For Elastic APM's exception reporting, we could make use of a locally propagated transaction name/type for aggregation/filtering. That doesn't fit with OpenCensus anyway though, so that's very hypothetical.

SergeyKanzhelev commented 5 years ago

so your question is whether to add more scope than the id?

@adriancole I'm wondering if local root ID is just one of properties alongside other things that may be promoted to local/remote tags or to the tracestate. There may be elaborate configuration for this kind of attributes to tags promotion.

From API cleaness - implementing local root ID natively may require new methods like StartScopedLocalRoot or ResetLocalRootId on span builder.
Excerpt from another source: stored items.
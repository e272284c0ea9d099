-- ===== src/Cfg/Sequences.antt =====
-- `_build_block_sequence` keeps the builder's state well-formed, whatever the fuel.
use misra_c_agent.Base.{ℕ, zero, suc, String, List, [], ◌∷◌, ◌++◌, ◌≡◌, insert, string_eq, Option}
use misra_c_agent.Ast.{Node, AstGraph, children}
use misra_c_agent.Cfg.{BlockId}
use misra_c_agent.Cfg.Builder.{
  Builder, LoopStack, new_block, add_edge, append_statement, label_block, label_name,
}
use misra_c_agent.Cfg.WellFormed.{
  Has, IsWellFormed, ExtendsWith, Extends-refl, Extends-trans, new_block-ExtendsWith,
  add_edge-Extends, append_statement-Extends, set_tail-Extends, add_label-Extends, add_goto-Extends,
  label_block-ExtendsWith,
}
use misra_c_agent.Cfg.Joined.{
  StackIn, stack-grows, then_block, jump_edge-Extends, break_target-Has, continue_target-Has, Keeps,
}
use misra_c_agent.Cfg.Build.{
  StatementKind, label, if_stmt, loop, switch, compound, return_stmt, break_stmt, continue_stmt,
  goto, plain, classify, Sequencer, jump_edge, break_target, continue_target, handle_statement,
  run_statements, run_sequence, build_block_sequence,
}
use misra_c_agent.Cfg.Handlers.{
  handle_if-ExtendsWith, handle_loop-ExtendsWith, handle_switch-ExtendsWith,
}

module _ (rec : Sequencer) (graph : AstGraph) (exit_target : BlockId) (keeps : Keeps rec) where
  -- A jump statement: it ends the current block, adds at most an edge, and a new block starts.
  jump-ExtendsWith :
      (statement : Node) (x : BlockId) (target : Option BlockId) (kind : String) (s : Builder)
      → IsWellFormed s
      → Has s.blocks x
      → ((y : BlockId) → target ≡ Option.some y → Has s.blocks y)
      → ExtendsWith s
          (new_block "normal" (jump_edge x target kind (append_statement x statement s)))
  jump-ExtendsWith statement x target kind s w hx ht =
      let s1 = append_statement x statement s in
      let e1 = append_statement-Extends x statement s w in
      let e2 =
        jump_edge-Extends x target kind s1 e1.wf (e1.grows x hx) (λ y q. e1.grows y (ht y q)) in
      then_block s (jump_edge x target kind s1) "normal" (Extends-trans e1 e2)

  handle_statement-ExtendsWith :
      (kind : StatementKind) (stack : LoopStack) (statement : Node) (x : BlockId) (s : Builder)
      → IsWellFormed s
      → StackIn s stack
      → Has s.blocks x
      → Has s.blocks exit_target
      → ExtendsWith s (handle_statement rec graph exit_target kind stack statement x s)
  unfolding handle_statement
  handle_statement-ExtendsWith label stack statement x s w h hx ht =
      let (y, s1) = label_block x s in
      let r = label_block-ExtendsWith x s w hx in
      let name = label_name statement in
      let e2 = add_label-Extends name y s1 r.ext.wf r.found in
      let s2 : Builder = record s1 { label_targets = insert name y s1.label_targets } in
      let e3 = append_statement-Extends y statement s2 e2.wf in
      record {
        ext = Extends-trans r.ext (Extends-trans e2 e3);
        found = e3.grows y (e2.grows y r.found);
      }
  handle_statement-ExtendsWith if_stmt stack statement x s w h hx ht =
      handle_if-ExtendsWith rec graph exit_target keeps stack statement x s w h hx
  handle_statement-ExtendsWith loop stack statement x s w h hx ht =
      handle_loop-ExtendsWith rec graph exit_target keeps stack statement x s w h hx
  handle_statement-ExtendsWith switch stack statement x s w h hx ht =
      handle_switch-ExtendsWith rec graph exit_target keeps stack statement x s w h hx
  handle_statement-ExtendsWith compound stack statement x s w h hx ht =
      let kids = children graph statement.node_id in
      let (entry, s1) = rec stack kids s in
      let r = keeps stack kids s w h in
      let e2 = add_edge-Extends x entry "fallthrough" s1 r.ext.wf (r.ext.grows x hx) r.found in
      then_block s (add_edge x entry "fallthrough" s1) "normal" (Extends-trans r.ext e2)
  handle_statement-ExtendsWith return_stmt stack statement x s w h hx ht =
      let s1 = append_statement x statement s in
      let e1 = append_statement-Extends x statement s w in
      let e2 =
        add_edge-Extends x exit_target "return" s1 e1.wf (e1.grows x hx)
          (e1.grows exit_target ht) in
      then_block s (add_edge x exit_target "return" s1) "normal" (Extends-trans e1 e2)
  handle_statement-ExtendsWith break_stmt stack statement x s w h hx ht =
      jump-ExtendsWith statement x (break_target stack) "break" s w hx
        (λ y. break_target-Has s stack y h)
  handle_statement-ExtendsWith continue_stmt stack statement x s w h hx ht =
      jump-ExtendsWith statement x (continue_target stack) "continue" s w hx
        (λ y. continue_target-Has s stack y h)
  handle_statement-ExtendsWith goto stack statement x s w h hx ht =
      let s1 = append_statement x statement s in
      let e1 = append_statement-Extends x statement s w in
      let name = statement.semantic_properties.target_label in
      let e2 = add_goto-Extends x name s1 e1.wf (e1.grows x hx) in
      let jump : BlockId × String = (x, name) in
      then_block s (record s1 { pending_gotos = s1.pending_gotos ++ jump ∷ [] }) "normal"
        (Extends-trans e1 e2)
  handle_statement-ExtendsWith plain stack statement x s w h hx ht =
      let e1 = append_statement-Extends x statement s w in
      record { ext = e1; found = e1.grows x hx }

  run_statements-ExtendsWith :
      (stack : LoopStack) (statements : List Node) (x : BlockId) (s : Builder)
      → IsWellFormed s
      → StackIn s stack
      → Has s.blocks x
      → Has s.blocks exit_target
      → ExtendsWith s (run_statements rec graph exit_target stack statements x s)
  unfolding run_statements
  run_statements-ExtendsWith stack [] x s w h hx ht = record { ext = Extends-refl w; found = hx }
  run_statements-ExtendsWith stack (statement ∷ statements) x s w h hx ht =
      let kind = classify statement.node_kind in
      let (next, s1) = handle_statement rec graph exit_target kind stack statement x s in
      let r1 = handle_statement-ExtendsWith kind stack statement x s w h hx ht in
      let r =
        run_statements-ExtendsWith stack statements next s1 r1.ext.wf
          (stack-grows s s1 stack r1.ext h) r1.found (r1.ext.grows exit_target ht) in
      record { ext = Extends-trans r1.ext r.ext; found = r.found }

  run_sequence-ExtendsWith :
      (stack : LoopStack) (statements : List Node) (s : Builder)
      → IsWellFormed s
      → StackIn s stack
      → Has s.blocks exit_target
      → ExtendsWith s (run_sequence rec graph exit_target stack statements s)
  unfolding run_sequence
  run_sequence-ExtendsWith stack statements s w h ht =
      let (first, s1) = new_block "normal" s in
      let r1 = new_block-ExtendsWith "normal" s w in
      let (last, s2) = run_statements rec graph exit_target stack statements first s1 in
      let r2 =
        run_statements-ExtendsWith stack statements first s1 r1.ext.wf
          (stack-grows s s1 stack r1.ext h) r1.found (r1.ext.grows exit_target ht) in
      let e3 = set_tail-Extends first last s2 r2.ext.wf r2.found in
      record {
        ext = Extends-trans r1.ext (Extends-trans r2.ext e3);
        found = e3.grows first (r2.ext.grows first r1.found);
      }

-- Every edge and every recorded block id refers to a block, whatever the nesting depth.
pub build_block_sequence-ExtendsWith :
    (fuel : ℕ) (graph : AstGraph) → Keeps (build_block_sequence fuel graph BlockId.exit_id)
unfolding build_block_sequence
build_block_sequence-ExtendsWith zero graph stack statements s w h =
    let (first, s1) = new_block "normal" s in
    let r1 = new_block-ExtendsWith "normal" s w in
    let e2 = set_tail-Extends first first s1 r1.ext.wf r1.found in
    record { ext = Extends-trans r1.ext e2; found = e2.grows first r1.found }
build_block_sequence-ExtendsWith (suc fuel) graph stack statements s w h =
    run_sequence-ExtendsWith (build_block_sequence fuel graph BlockId.exit_id) graph BlockId.exit_id
      (build_block_sequence-ExtendsWith fuel graph) stack statements s w h w.exit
When implementing it via tags or tracestate extension module will keep APIs simpler.

That doesn't fit with OpenCensus anyway though, so that's very hypothetical.

Can you please elaborate on why local root ID fits and name/type doesn't from your perspective?

axw commented 5 years ago

That doesn't fit with OpenCensus anyway though, so that's very hypothetical.
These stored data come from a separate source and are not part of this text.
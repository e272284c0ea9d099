-- ===== src/Cfg/Prune.antt =====
-- `_prune_empty_pass_through_blocks`: the passes end, keep which of the remaining blocks are
-- reachable, and leave no block to collapse.
use misra_c_agent.Base.{
  ℕ, zero, suc, ◌<◌, ◌≤◌, Bool-cases, Bool, true, false, List, [], ◌∷◌, ◌≡◌, refl, ◌↔◌, ◌⊎◌, inl,
  inr, arith, ◌==◌, mem, none, some, length, subst, sym, Option-cases, keys, length-delete-lt,
}
use misra_c_agent.Cfg.{BlockId, block_id_beq_iff, block_id_eq, ControlFlowGraph}
use misra_c_agent.Cfg.Reachable.{IsReachable}
use misra_c_agent.Cfg.Finish.{
  collapse, pass_through, prune_pass, prune, prune_empty_pass_through_blocks,
}
use misra_c_agent.Cfg.Collapse.{
  Collapsible, pass_through-Collapsible, Pruned, Pruned-refl, Pruned-trans, collapse-Pruned,
}

collapse_shrinks :
    (cfg : ControlFlowGraph) (v t : BlockId)
    → Collapsible cfg v t
    → length (collapse v t cfg).blocks < length cfg.blocks
unfolding collapse
collapse_shrinks cfg v t c = length-delete-lt v c.block cfg.blocks c.stored

-- One pass over `ids`: it reports a change only if it deleted a block, and otherwise none of `ids`
-- could be collapsed.
record Pass (ids : List BlockId) (cfg : ControlFlowGraph) (changed : Bool)
    (result : ControlFlowGraph × Bool) : Type 0 where
  pruned : Pruned cfg result.0
  shorter : length result.0.blocks ≤ length cfg.blocks
  change : result.1 ≡ true → (changed ≡ true) ⊎ (length result.0.blocks < length cfg.blocks)
  stable :
      result.1 ≡ false
      → (result.0 ≡ cfg)
        × (changed ≡ false)
        × ((y : BlockId) → mem y ids ≡ true → pass_through cfg y ≡ none)

prune_pass-Pass :
    (ids : List BlockId) (cfg : ControlFlowGraph) (changed : Bool)
    → Pass ids cfg changed (prune_pass ids cfg changed)
unfolding prune_pass
prune_pass-Pass [] cfg changed = record {
  pruned = Pruned-refl cfg;
  shorter = omega arith;
  change = λ e. inl e;
  stable = λ e. (refl, e, λ y m. cc);
}
prune_pass-Pass (v ∷ ids) cfg changed = elim (Option-cases (pass_through cfg v)) [
  | inl e ↦
      let r = prune_pass-Pass ids cfg changed in
      rw (e, prune_pass)
        (record {
          pruned = r.pruned;
          shorter = r.shorter;
          change = r.change;
          stable = λ f.
              let (same, before, all) = r.stable f in
              (
                same,
                before,
                λ y m. elim (Bool-cases (y == v)) [
                  | inl p ↦
                      subst (λ u. pass_through cfg u ≡ none) (sym ((block_id_beq_iff y v).0 p)) e
                  | inr n ↦ all y (rw n at m)
                ],
              );
        })
  | inr (t, e) ↦
      let c = pass_through-Collapsible cfg v t e in
      let smaller = collapse_shrinks cfg v t c in
      let r = prune_pass-Pass ids (collapse v t cfg) true in
      rw (e, prune_pass)
        (record {
          pruned = Pruned-trans cfg (collapse v t cfg) _ (collapse-Pruned cfg v t c) r.pruned;
          shorter = omega (arith, r.shorter);
          change = λ f. inr (omega (arith, r.shorter));
          stable = λ f. cc ((r.stable f).1);
        })
]

prune_lem :
    (fuel : ℕ) (cfg : ControlFlowGraph)
    → length cfg.blocks < fuel
    → (cfg' : ControlFlowGraph) × (prune fuel cfg ≡ some cfg')
      × Pruned cfg cfg'
      × ((y : BlockId) → mem y (keys cfg'.blocks) ≡ true → pass_through cfg' y ≡ none)
unfolding prune
prune_lem zero cfg h = elim h [ ]
prune_lem (suc fuel) cfg h =
    let r = prune_pass-Pass (keys cfg.blocks) cfg false in
    let (cfg1, changed) = prune_pass (keys cfg.blocks) cfg false in
    elim (Bool-cases changed) [
      | inl c ↦
          let smaller : length cfg1.blocks < length cfg.blocks = elim (r.change c) [
            | inl f ↦ cc
            | inr lt ↦ lt
          ] in
          let (cfg2, e, p, q) = prune_lem fuel cfg1 (omega arith) in
          (cfg2, rw (c, prune) e, Pruned-trans cfg cfg1 cfg2 r.pruned p, q)
      | inr c ↦
          let (same, before, all) = r.stable c in
          (
            cfg1,
            rw (c, prune) refl,
            r.pruned,
            λ y m.
                subst (λ g. pass_through g y ≡ none) (sym same)
                  (all y (subst (λ (g : ControlFlowGraph). mem y (keys g.blocks) ≡ true) same m)),
          )
    ]

-- Pruning ends. Which of the remaining blocks are reachable from the entry stays as it was, no block
-- appears, and none is left that the tests of a pass would collapse.
pub prune_empty_pass_through_blocks_sound :
    (cfg : ControlFlowGraph)
    → (cfg' : ControlFlowGraph) × (prune_empty_pass_through_blocks cfg ≡ some cfg')
      × ((y : BlockId)
          → mem y (keys cfg'.blocks) ≡ true
          → (mem y (keys cfg.blocks) ≡ true)
            × (IsReachable cfg y ↔ IsReachable cfg' y)
            × (pass_through cfg' y ≡ none))
unfolding prune_empty_pass_through_blocks
prune_empty_pass_through_blocks_sound cfg =
    let (cfg', e, p, q) = prune_lem (suc (length cfg.blocks)) cfg (omega arith) in
    (cfg', e, λ y m. (p.kept y m, p.same y m, q y m))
Can you please elaborate on why local root ID fits and name/type doesn't from your perspective?

I was referring to exception reporting here, not local root IDs. Elastic APM provides a means of reporting exceptions that occur within a transaction or span; OpenCensus does not (aside from setting the status of spans). If there were some mapping, then there might be additional local root/transaction properties that we would want to propagate locally.

From API cleaness - implementing local root ID natively may require new methods like StartScopedLocalRoot or ResetLocalRootId on span builder. When implementing it via tags or tracestate extension module will keep APIs simpler.
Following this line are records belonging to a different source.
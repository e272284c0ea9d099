-- ===== src/Cfg/EndPoints.antt =====
-- Every edge of a graph that `CFGEngine.build` returns joins two of its blocks.
use misra_c_agent.Base.{
  ℕ, zero, suc, String, Bool, true, false, List, [], ◌∷◌, ◌≡◌, refl, sym, subst, ◌==◌, ◌&&◌, not,
  mem, Option, some, Dict, lookup, keys, mem-head, mem-keys-delete, delete, length, Bool-cases,
  Option-cases, inl, inr, All, All-mono, string_eq,
}
use misra_c_agent.Base.Search.{targets}
use misra_c_agent.Ast.{Node, AstGraph}
use misra_c_agent.Cfg.{
  BlockId, entry_id, exit_id, block_id_eq, block_id_beq_iff, BasicBlock, CfgEdge, ControlFlowGraph,
  pairs, successors, predecessors,
}
use misra_c_agent.Cfg.Builder.{Builder, cfg_of, add_edge, tail_of, add_labelled_edge}
use misra_c_agent.Cfg.WellFormed.{
  Has, JoinsBlocks, IsWellFormed, Extends, Extends-refl, Extends-trans, add_edge-Extends,
  add_labelled_edge-Extends, tail_of-Has,
}
use misra_c_agent.Cfg.Build.{build_block_sequence}
use misra_c_agent.Cfg.Sequences.{build_block_sequence-ExtendsWith}
use misra_c_agent.Cfg.Finish.{
  body_statements, empty_builder, wire_implicit_return, wire_gotos, retarget, collapse,
  pass_through, prune_pass, prune, prune_empty_pass_through_blocks, wire_body_statements, build,
  is_nil,
}
use misra_c_agent.Cfg.Prune.{prune_empty_pass_through_blocks_sound}
use misra_c_agent.Cfg.Collapse.{Collapsible, pass_through-Collapsible}

abbrev pub AllJoin : ControlFlowGraph → Type 0
AllJoin cfg = All (JoinsBlocks cfg.blocks) cfg.edges

target-Has :
    (blocks : Dict BlockId BasicBlock) (edges : List CfgEdge) (y z : BlockId)
    → All (JoinsBlocks blocks) edges
    → mem z (targets (pairs edges) y) ≡ true
    → Has blocks z
target-Has blocks [] y z all m = cc
target-Has blocks (edge ∷ edges) y z all m = elim (Bool-cases (edge.source == y)) [
  | inl p ↦ elim (Bool-cases (z == edge.target)) [
    | inl q ↦ subst (Has blocks) (sym ((block_id_beq_iff z edge.target).0 q)) all.0.1
    | inr q ↦ target-Has blocks edges y z all.1 (simp (p, q) at m)
  ]
  | inr p ↦ target-Has blocks edges y z all.1 (rw p at m)
]

stays :
    (v y : BlockId) (blocks : Dict BlockId BasicBlock)
    → Has blocks y
    → (y == v) ≡ false
    → Has (delete v blocks) y
stays v y blocks h n = rw (mem-keys-delete v y blocks, h, n)

retarget-All :
    (v t : BlockId) (blocks : Dict BlockId BasicBlock) (edges : List CfgEdge)
    → Has blocks t
    → (t == v) ≡ false
    → All (JoinsBlocks blocks) edges
    → All (JoinsBlocks (delete v blocks)) (retarget v t edges)
unfolding retarget
retarget-All v t blocks [] ht n all = tt
retarget-All v t blocks (edge ∷ edges) ht n all =
    let rest = retarget-All v t blocks edges ht n all.1 in
    elim (Bool-cases (edge.source == v)) [
      | inl p ↦ rw p rest
      | inr p ↦ elim (Bool-cases (edge.target == v)) [
        | inl q ↦ rw (p, q) ((stays v edge.source blocks all.0.0 p, stays v t blocks ht n), rest)
        | inr q ↦
            rw (p, q)
              ((stays v edge.source blocks all.0.0 p, stays v edge.target blocks all.0.1 q), rest)
      ]
    ]

collapse-AllJoin :
    (cfg : ControlFlowGraph) (v t : BlockId)
    → Collapsible cfg v t
    → AllJoin cfg
    → AllJoin (collapse v t cfg)
unfolding collapse
collapse-AllJoin cfg v t c all =
    retarget-All v t cfg.blocks cfg.edges
      (target-Has cfg.blocks cfg.edges v t all (rw c.sole (mem-head t []))) c.other all

prune_pass-AllJoin :
    (ids : List BlockId) (cfg : ControlFlowGraph) (changed : Bool)
    → AllJoin cfg
    → AllJoin (prune_pass ids cfg changed).0
unfolding prune_pass
prune_pass-AllJoin [] cfg changed all = all
prune_pass-AllJoin (v ∷ ids) cfg changed all = elim (Option-cases (pass_through cfg v)) [
  | inl e ↦ rw (e, prune_pass) (prune_pass-AllJoin ids cfg changed all)
  | inr (t, e) ↦
      rw (e, prune_pass)
        (prune_pass-AllJoin ids (collapse v t cfg) true
          (collapse-AllJoin cfg v t (pass_through-Collapsible cfg v t e) all))
]

prune-AllJoin :
    (fuel : ℕ) (cfg cfg' : ControlFlowGraph)
    → prune fuel cfg ≡ some cfg'
    → AllJoin cfg
    → AllJoin cfg'
unfolding prune
prune-AllJoin zero cfg cfg' e all = cc
prune-AllJoin (suc fuel) cfg cfg' e all =
    let (cfg1, changed) = prune_pass (keys cfg.blocks) cfg false in
    let all1 = prune_pass-AllJoin (keys cfg.blocks) cfg false all in
    elim (Bool-cases changed) [
      | inl c ↦ prune-AllJoin fuel cfg1 cfg' (rw (c, prune) at e) all1
      | inr c ↦
          let e' : some cfg1 ≡ some cfg' = rw (c, prune) at e in
          let same : cfg1 ≡ cfg' = cc in subst AllJoin same all1
    ]

empty-IsWellFormed : (id : String) → IsWellFormed (empty_builder id)
unfolding empty_builder
empty-IsWellFormed id = record {
  entry = refl;
  exit = refl;
  edges = tt;
  labels = λ name x h. cc;
  gotos = tt;
  tails = λ x y h. cc;
}

wire_implicit_return-Extends :
    (x : BlockId) (s : Builder)
    → IsWellFormed s
    → Has s.blocks x
    → Extends s (wire_implicit_return x s)
unfolding wire_implicit_return
wire_implicit_return-Extends x s w h =
    let tail = tail_of x s in
    elim (Bool-cases
      (is_nil (successors (cfg_of s) tail) && not (is_nil (predecessors (cfg_of s) tail)))) [
        | inl p ↦
            rw p (add_edge-Extends tail exit_id "implicit_return" s w (tail_of-Has x s w h) w.exit)
        | inr p ↦ rw p (Extends-refl w)
      ]

wire_gotos-Extends :
    (gotos : List (BlockId × String)) (s : Builder)
    → IsWellFormed s
    → All (λ g. Has s.blocks g.0) gotos
    → Extends s (wire_gotos gotos s)
unfolding wire_gotos
wire_gotos-Extends [] s w h = Extends-refl w
wire_gotos-Extends ((x, name) ∷ gotos) s w h =
    let step = λ (y : BlockId) (hy : Has s.blocks y).
      let s1 = add_labelled_edge x y "goto" (some name) s in
      let e = add_labelled_edge-Extends x y "goto" (some name) s w h.0 hy in
      Extends-trans e
        (wire_gotos-Extends gotos s1 e.wf (All-mono gotos (λ g k. e.grows g.0 k) h.1)) in
    elim (Option-cases (lookup name s.label_targets)) [
      | inl e ↦ rw (e, wire_gotos) (step exit_id w.exit)
      | inr (y, e) ↦ rw (e, wire_gotos) (step y (w.labels name y e))
    ]

wired-IsWellFormed :
    (fuel : ℕ) (graph : AstGraph) (function_node : Node) (statements : List Node)
    → IsWellFormed (wire_body_statements fuel graph function_node statements)
unfolding wire_body_statements
wired-IsWellFormed fuel graph function_node statements =
    let s0 = empty_builder function_node.node_id in
    let w0 = empty-IsWellFormed function_node.node_id in
    let (x, s) = build_block_sequence fuel graph exit_id [] statements s0 in
    let r = build_block_sequence-ExtendsWith fuel graph [] statements s0 w0 tt in
    let e1 = add_edge-Extends entry_id x "fallthrough" s r.ext.wf r.ext.wf.entry r.found in
    let s1 = add_edge entry_id x "fallthrough" s in
    let e2 = wire_implicit_return-Extends x s1 e1.wf (e1.grows x r.found) in
    let s2 = wire_implicit_return x s1 in
    (wire_gotos-Extends s2.pending_gotos s2 e2.wf e2.wf.gotos).wf

-- A graph with `AllJoin` is the result.
abbrev BuiltJoined : Option ControlFlowGraph → Type 0
BuiltJoined result = (cfg : ControlFlowGraph) × (result ≡ some cfg) × AllJoin cfg

pruned_joined :
    (cfg : ControlFlowGraph) → AllJoin cfg → BuiltJoined (prune_empty_pass_through_blocks cfg)
unfolding prune_empty_pass_through_blocks
pruned_joined cfg all =
    let (cfg', e, q) = prune_empty_pass_through_blocks_sound cfg in
    (cfg', e, prune-AllJoin (suc (length cfg.blocks)) cfg cfg' e all)

-- `build` returns a graph for every AST, function node and fuel, and each edge of that graph joins
-- two of its blocks.
pub build_joins :
    (fuel : ℕ) (graph : AstGraph) (function_node : Node)
    → (cfg : ControlFlowGraph) × (build fuel graph function_node ≡ some cfg) × AllJoin cfg
unfolding build
build_joins fuel graph function_node = go (body_statements graph function_node)
  where
    go :
        (statements : List Node)
        → BuiltJoined (elim statements as (λ _. Option ControlFlowGraph) [
          | [] ↦ some (
              cfg_of
                (add_edge entry_id exit_id "fallthrough" (empty_builder function_node.node_id)))
          | first ∷ rest ↦
              prune_empty_pass_through_blocks
                (cfg_of (wire_body_statements fuel graph function_node (first ∷ rest)))
        ])
    go [] =
        let w = empty-IsWellFormed function_node.node_id in
        (
          _,
          refl,
          (add_edge-Extends entry_id exit_id "fallthrough" (empty_builder function_node.node_id) w
              w.entry w.exit).wf.edges,
        )
    go (first ∷ rest) =
        pruned_joined (cfg_of (wire_body_statements fuel graph function_node (first ∷ rest)))
          (wired-IsWellFormed fuel graph function_node (first ∷ rest)).edges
I'm relatively inexperienced with OpenCensus, so can you please expand on that a bit? Specifically how is that cleaner than my proposal? In case my proposal was not clear, here it is again with references to the Tracer and SpanBuilder from the Java API:

For Spans created via a SpanBuilder obtained with Tracer.spanBuilderWithRemoteParent, the span's ID will be recorded in its SpanContext as "local root ID". This will be inherited by descendant spans created within the same process.

codefromthecrypt commented 5 years ago

hi Sergey. having implemented this feature I can assure there is zero api surface area. the first entry is implicit and can be done internal to the tracer. in brave there was no new Api method needed to track local root as it is defined.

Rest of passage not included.